# Character Map for Console Founts.



## Old_School (Feb 23, 2020)

In X, it is possible to obtain character maps for all of the installed X Founts by invoking `gucharmap`, which seems to be the equivalent of the Linucian `charmap`.
    In the Console, however, the whispers of `gucharmap` are not heard.
    Since I do a good deal of bibliographic work in myriads of languages, it would be most helpful indeed to have a charmap of each fount in the Console, with the view to adding founts to the Console for languages either partially or not at all supported by the founts supplied by FreeBSD during installation.
    Is there, then, any way to find out what characters be available in Console founts?
    By the way, to answer an objection that has arisen before, "fount" is the correct spelling of the word in English; somebody, in the 1920's or thenabouts, thought himself clever in leaving out the "u" in "fount", but, as all of us computerists know, correct spelling is important. "Font-" is, in fact, the oblique stem for the Latin nominative "fons", and no more; the hyphen proclaims that "font" cannot stand by itself, but must have a case ending attached to it.
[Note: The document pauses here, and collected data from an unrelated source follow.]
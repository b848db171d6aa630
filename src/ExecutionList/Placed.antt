-- ===== src/ExecutionList/Placed.antt =====
-- Where the bars of view/flow-execution-list.js stand in the list.
use azkaban_private.Prelude.{ℕ, ◌+◌, ◌*◌, ◌≤◌, ◌≡◌, List, [], ◌∷◌, arith}
use native.Mathlib.Nat.{mul-le-mul_right}
use azkaban_private.Prelude.Signed.{Signed, whole, ◌⊕◌}
use azkaban_private.ExecutionList.Bars.{
  Attempt, Bar, span, units, attempt_bars, outer_left_margin, main_bar,
}

-- They stand for one number.
abbrev pub IsSame : Signed → Signed → Type 0
IsSame a b = a.plus + b.minus ≡ b.plus + a.minus

-- The left ends of bars that stand side by side, from a place on.
abbrev pub places : Signed → List Bar → List Signed
places from [] = []
places from (bar ∷ bars) =
    let place = from ⊕ bar.margin in place ∷ places (place ⊕ whole bar.width) bars

module _ (outer_width flow_start flow_last : ℕ) where
  -- Each bar stands at the time at which its attempt started, moved by a distance.
  abbrev pub StandAt : Signed → List Attempt → List Signed → Type 0
  StandAt shift [] [] = Unit
  StandAt shift (attempt ∷ attempts) (place ∷ rest) =
      IsSame place (units outer_width flow_start attempt.start_time ⊕ shift)
      × StandAt shift attempts rest
  StandAt shift _ _ = ⊥

  attempt_bars-StandAt :
      (attempts : List Attempt) (shift from offset_left : Signed)
      → IsSame from (offset_left ⊕ shift)
      → StandAt shift attempts
          (places from (attempt_bars outer_width flow_start flow_last offset_left attempts))
  unfolding attempt_bars
  attempt_bars-StandAt [] shift from offset_left same = tt
  attempt_bars-StandAt (attempt ∷ attempts) shift from offset_left same =
      (omega arith, attempt_bars-StandAt attempts shift _ _ (omega arith))

  -- In a flow that starts no earlier than the one whose page it is, and a job of it that starts no
  -- earlier than it: the job's bar stands at the time at which the job started, and is no wider than
  -- the bar of the page's flow. The bars of the job's earlier attempts stand side by side, each
  -- later than the time at which its attempt started, by as much as the flow around the job started
  -- later than the page's: at the right place only where these started together.
  pub update_progress_bar-StandAt :
      (parent_start start last : ℕ) (attempts : List Attempt)
      → flow_start ≤ parent_start
      → parent_start ≤ start
      → let outer = outer_left_margin outer_width flow_start parent_start in
        let main = main_bar outer_width flow_start flow_last parent_start start last in
        IsSame (outer ⊕ main.margin) (units outer_width flow_start start)
        × (main.width ≤ outer_width * span outer_width flow_start flow_last)
        × StandAt
            (units outer_width flow_start parent_start)
            attempts
            (places outer (attempt_bars outer_width flow_start flow_last (whole 0) attempts))
  unfolding outer_left_margin main_bar
  update_progress_bar-StandAt parent_start start last attempts early later =
      let up = mul-le-mul_right outer_width later in
      (
        omega (arith, up),
        ground arith,
        attempt_bars-StandAt attempts (units outer_width flow_start parent_start)
            (units outer_width flow_start parent_start) (whole 0) (omega arith),
      )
Ergo, "font" is not a word.


----------



## SirDice (Feb 24, 2020)

The word 'font' has been in use since 1688 for a set or type of characters. The word is derived from the French _fonte_. Fount refers to the other meaning of the word, as a basin or receptacle.

So, we talk about fonts here.


----------



## michael_hackson (Feb 24, 2020)

This is what grammarist has to say about it:

https://grammarist.com/usage/font-vs-fount/


----------



## Old_School (Feb 24, 2020)

Hah! I shall riposte in good time. "Grammarist" is an unreliable source - a poisoned fount, as it were.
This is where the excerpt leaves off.